De grands changements étaient intervenus aussi, dès les premières années du Mandat, en ce qui concerne l’économie du pays. Progressivement monétarisée, elle s’ouvrit au libre marché, permettant l’éclosion, dans l’ensemble de la société, de libres initiatives individuelles nouvelles, pouvant échapper tout au moins en partie à l’emprise de la « hiérarchie coutumière » et des liens de clientèle. Les produits agricoles s’étaient commercialisés, et des commerçants professionnels avaient ici et là réussi à percer.

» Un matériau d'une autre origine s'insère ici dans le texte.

-- ===== src/Ingress/Lists.antt =====
-- pkg/ingress/apply.go, apply_resources.go and apply_iam.go: versions, lists of references and types.
use Prim.Native.Char.{Char}
use Prim.Native.Char as Char
use modelsrv.Prelude.{
  ℕ, ◌+◌, String, Bool, true, false, ◌&&◌, Option, none, some, List, [], ◌∷◌, ◌==◌, string_eq,
  nat_eq, nat_beq, leb, if◌then◌else◌,
}
use modelsrv.Event.{Uuid, nil}
use modelsrv.Event.Kind.{
  ResourceType, resource_type_eq, unknown_resource_type, finding_resource, finding_type_resource,
  filter_rule_resource, merge_rule_resource, capability_resource, parameter_resource,
}
use modelsrv.Event.Wire.{parse_resource_type}
use modelsrv.Resolve.{ResourceRef}
use modelsrv.Ingress.Values.{
  Time, Value, null, text, moment, array, object, Items, end, item, Fields, missing, not_uuid,
  not_text, not_map, not_array, not_time, unknown_resource_kind, bad_api_type, Outcome, done,
  failed, ◌>>=◌, inside, within, Parsers, trim_space, present, string_field, some_uuid,
  parse_uuid_field,
}

-- `common.Version`
pub record Version : Type 0 where
  pub version : String
  pub available_from : Option Time
  pub deprecated_from : Option Time
  pub terminated_from : Option Time

-- `ProductionVersion`
pub record ProductionVersion : Type 0 where
  pub available_from : Option Time
  pub deprecated_from : Option Time
  pub terminated_from : Option Time
  pub artefacts : List Uuid

-- `ApiType`
pub data ApiType : Type 0 where
  unknown_api open_api graph_ql grpc other_api : ApiType

abbrev pub or_empty : Option String → String
or_empty none = ""
or_empty (some s) = s

-- `strings.EqualFold` against a label of ASCII letters: two more code points fold to such letters,
-- the Kelvin sign and the long s.
abbrev folded : ℕ → ℕ
folded c =
    if leb b'A' c && leb c b'Z'
    then c + 32
    else if nat_beq c 8490
    then b'k'
    else if nat_beq c 383
    then b's'
    else c

equal_fold : String → String → Bool
equal_fold String.[] String.[] = true
equal_fold String.[] (String.◌∷◌ d t) = false
equal_fold (String.◌∷◌ c s) String.[] = false
equal_fold (String.◌∷◌ c s) (String.◌∷◌ d t) =
    nat_beq (folded (Char.code c)) (folded (Char.code d)) && equal_fold s t

-- `ParseApiType`
unfoldable pub parse_api_type : String → Outcome ApiType
unfolding equal_fold
parse_api_type s =
    if equal_fold "Unknown" s
    then done unknown_api
    else if equal_fold "OpenAPI" s
    then done open_api
    else if equal_fold "GraphQL" s
    then done graph_ql
    else if equal_fold "GRPC" s
    then done grpc
    else if equal_fold "Other" s
    then done other_api
    else failed (bad_api_type s)

-- The rest of `parseResourceTypeForRef`.
abbrev by_short_name : String → Outcome ResourceType
by_short_name s =
    if s == "Finding"
    then done finding_resource
    else if s == "FindingType"
    then done finding_type_resource
    else if s == "FilterRule"
    then done filter_rule_resource
    else if s == "MergeRule"
    then done merge_rule_resource
    else if s == "Capability"
    then done capability_resource
    else if s == "Parameter"
    then done parameter_resource
    else failed (unknown_resource_kind s)

-- `parseResourceTypeForRef`
unfoldable pub parse_resource_type_for_ref : String → Outcome ResourceType
parse_resource_type_for_ref s =
    let rt = parse_resource_type (trim_space s) in
    if rt == unknown_resource_type then by_short_name (trim_space s) else done rt

module _ (p : Parsers) where
  abbrev time_in : String → Option Value → Outcome (Option Time)
  time_in key none = done none
  time_in key (some (text s)) = parsed (p.parse_time (trim_space s))
    where
      parsed : Option Time → Outcome (Option Time)
      parsed none = failed (not_time key)
      parsed (some t) = done (some t)
  time_in key (some (moment t)) = done (some t)
  time_in key (some v) = failed (not_time key)

  -- `parseOptionalTime`
  unfoldable pub parse_optional_time : Fields → String → Outcome (Option Time)
  parse_optional_time m key = time_in key (present key m)

  -- The end of a version is retired, unless it is terminated.
  abbrev terminated_or_retired : Fields → Option Time → Outcome (Option Time)
  terminated_or_retired m (some t) = done (some t)
  terminated_or_retired m none = parse_optional_time m "retiredFrom"

  abbrev version_in : Fields → Outcome Version
  version_in m = do
    from ← parse_optional_time m "availableFrom"
    deprecated ← parse_optional_time m "deprecatedFrom"
    terminated ← parse_optional_time m "terminatedFrom"
    ended ← terminated_or_retired m terminated
    done (record {
      version = or_empty (string_field p m "version");
      available_from = from;
      deprecated_from = deprecated;
      terminated_from = ended;
    })

  -- `parseVersionSpec`
  unfoldable pub parse_version_spec : Option Value → Outcome Version
  parse_version_spec none = version_in Fields.empty
  parse_version_spec (some null) = version_in Fields.empty
  parse_version_spec (some (object m)) = version_in m
  parse_version_spec (some v) = failed (not_map "version")

  -- The items of a list, each read by a function that is given its index.
  unfoldable pub each : {A : Type 0} → (ℕ → Value → Outcome A) → ℕ → Items → Outcome (List A)
  each read i end = done []
  each read i (item v rest) =
      let others = each read (i + 1) rest in read i v >>= λ a. others >>= λ as'. done (a ∷ as')

  abbrev pub list_in :
      {A : Type 0} → String → (ℕ → Value → Outcome A) → Option Value → Outcome (List A)
  list_in key read none = done []
  list_in key read (some (array items)) = each read 0 items
  list_in key read (some v) = failed (not_array key)

  abbrev uuid_item : String → ℕ → Value → Outcome Uuid
  uuid_item key i (text s) = given (p.parse_uuid (trim_space s))
    where
      given : Option Uuid → Outcome Uuid
      given none = failed (inside key i (not_uuid key))
      given (some id) = done id
  uuid_item key i v = failed (inside key i (not_text key))

  -- `parseProductionVersionMap`
  unfoldable pub parse_production_version_map : Fields → Outcome ProductionVersion
  parse_production_version_map m = do
    from ← parse_optional_time m "availableFrom"
    deprecated ← parse_optional_time m "deprecatedFrom"
    terminated ← parse_optional_time m "terminatedFrom"
    ids ← list_in "artefacts" (uuid_item "artefacts") (present "artefacts" m)
    done (record {
      available_from = from;
      deprecated_from = deprecated;
      terminated_from = terminated;
      artefacts = ids;
    })

  abbrev kind_in : Option String → Outcome ResourceType
  kind_in none = failed (missing "resourceType")
  kind_in (some s) = parse_resource_type_for_ref s

  abbrev resource_ref_item : ℕ → Value → Outcome ResourceRef
  resource_ref_item i (object m) = within "resources" i (do
    id ← parse_uuid_field p m "resourceId"
    rt ← kind_in (string_field p m "resourceType")
    done (record { resource_id = id; resource_type = rt }))
  resource_ref_item i v = failed (inside "resources" i (not_map "resources"))

  -- `parseResourceRefs`
  unfoldable pub parse_resource_refs : Fields → Outcome (List ResourceRef)
  parse_resource_refs spec = list_in "resources" resource_ref_item (present "resources" spec)

  abbrev api_ref_item : String → ℕ → Value → Outcome Uuid
  api_ref_item key i (text s) = within key i (some_uuid p key (p.parse_uuid (trim_space s)))
  api_ref_item key i (object m) = within key i (parse_uuid_field p m "apiId")
  api_ref_item key i v = failed (inside key i (not_text key))

  -- `parseApiRefSlice`
  unfoldable pub parse_api_ref_slice : Fields → String → Outcome (List Uuid)
  parse_api_ref_slice spec key = list_in key (api_ref_item key) (present key spec)

  abbrev shown_item : Value → String
  shown_item (text s) = s
  shown_item v = p.sprint v

  -- A text that has to be a UUID, whatever is wrong with it.
  abbrev pub valid_uuid : String → Option Uuid → Outcome Uuid
  valid_uuid key none = failed (not_uuid key)
  valid_uuid key (some id) = if id == nil then failed (not_uuid key) else done id

  abbrev uuid_string_item : String → ℕ → Value → Outcome Uuid
  uuid_string_item key i v =
      let s : String = trim_space (shown_item v) in
      if s == ""
      then failed (inside key i (missing key))
      else within key i (valid_uuid key (p.parse_uuid s))

  -- `parseUUIDStringList`
  unfoldable pub parse_uuid_string_list : Fields → String → Outcome (List Uuid)
  parse_uuid_string_list spec key = list_in key (uuid_string_item key) (present key spec)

Parmi les innovations qui favorisèrent cette évolution, il y eut notamment : l’action des Services de l’Agriculture et de leurs agronomes à travers tout le pays ; l’extension, alors obligatoire, des plantations individuelles de café ; la mise en culture de terres nouvelles, récupérées non sans peine (et contre redevances) sur les énormes étendues accaparées par les pasteurs ; l’introduction de la culture pérenne du manioc ; le drainage de certains marais ; l’ouverture de grands chantiers miniers pour l’extraction de minerais d’étain, de tungstène et de wolfram à Gatumba, Rugarama, Nyungwe, Musha-Rutongo, Rinkwavu, Kifurwe, etc. ; l’embauche de nombreux travailleurs salariés ; l’émigration temporaire de nombreux travailleurs vers le Congo, l’Uganda et le Tanganyika ( où ils échappaient au joug des « autorités coutumières « ) ; et surtout la création d’un réseau routier de plus en plus étendu, qui permit la multiplication des échanges et des communications entre les habitants de tout le pays, répandant irrésistiblement les idées nouvelles…
Sur le plan culturel enfin, nous avons vu qu’en 1925 la Belgique avait commencé à subsidier l’enseignement libre des écoles chrétiennes et à encourager ainsi son expansion. Elle y ajouta en 1929 l’institution d’un enseignement secondaire officiel (cycle de 4 années post-primaires) visant à former le personnel local de niveau technique moyen nécessaire aux Services de l’Administration (agro et zoo-technologies, santé, administration). Cet enseignement serait donné au sein d’un « groupe scolaire » créé à Butare/Astrida et dont la gestion fut confiée aux Frères de la Charité de Gand.
Ces mesures allaient évidemment contribuer beaucoup à faire évoluer les mentalités.
Mais pour l’Administration de Tutelle, comme pour l’Église, un grand obstacle subsistait : le Mwami Musinga et son entourage, restés réfractaires et foncièrement « hostiles à toute idée d’évolution dans le sens des principes de l’Occident « .
Aussi, après de longues années d’efforts infructueux pour tenter de réduire son opposition secrète mais obstinée, l’Administration procéda-t-elle à sa destitution, le 12 novembre 1931.
Cette mesure, en écartant le principal agent de coutumes injustes, élimina un obstacle des plus redoutables à l’évolution politique et sociale ultérieure du Rwanda.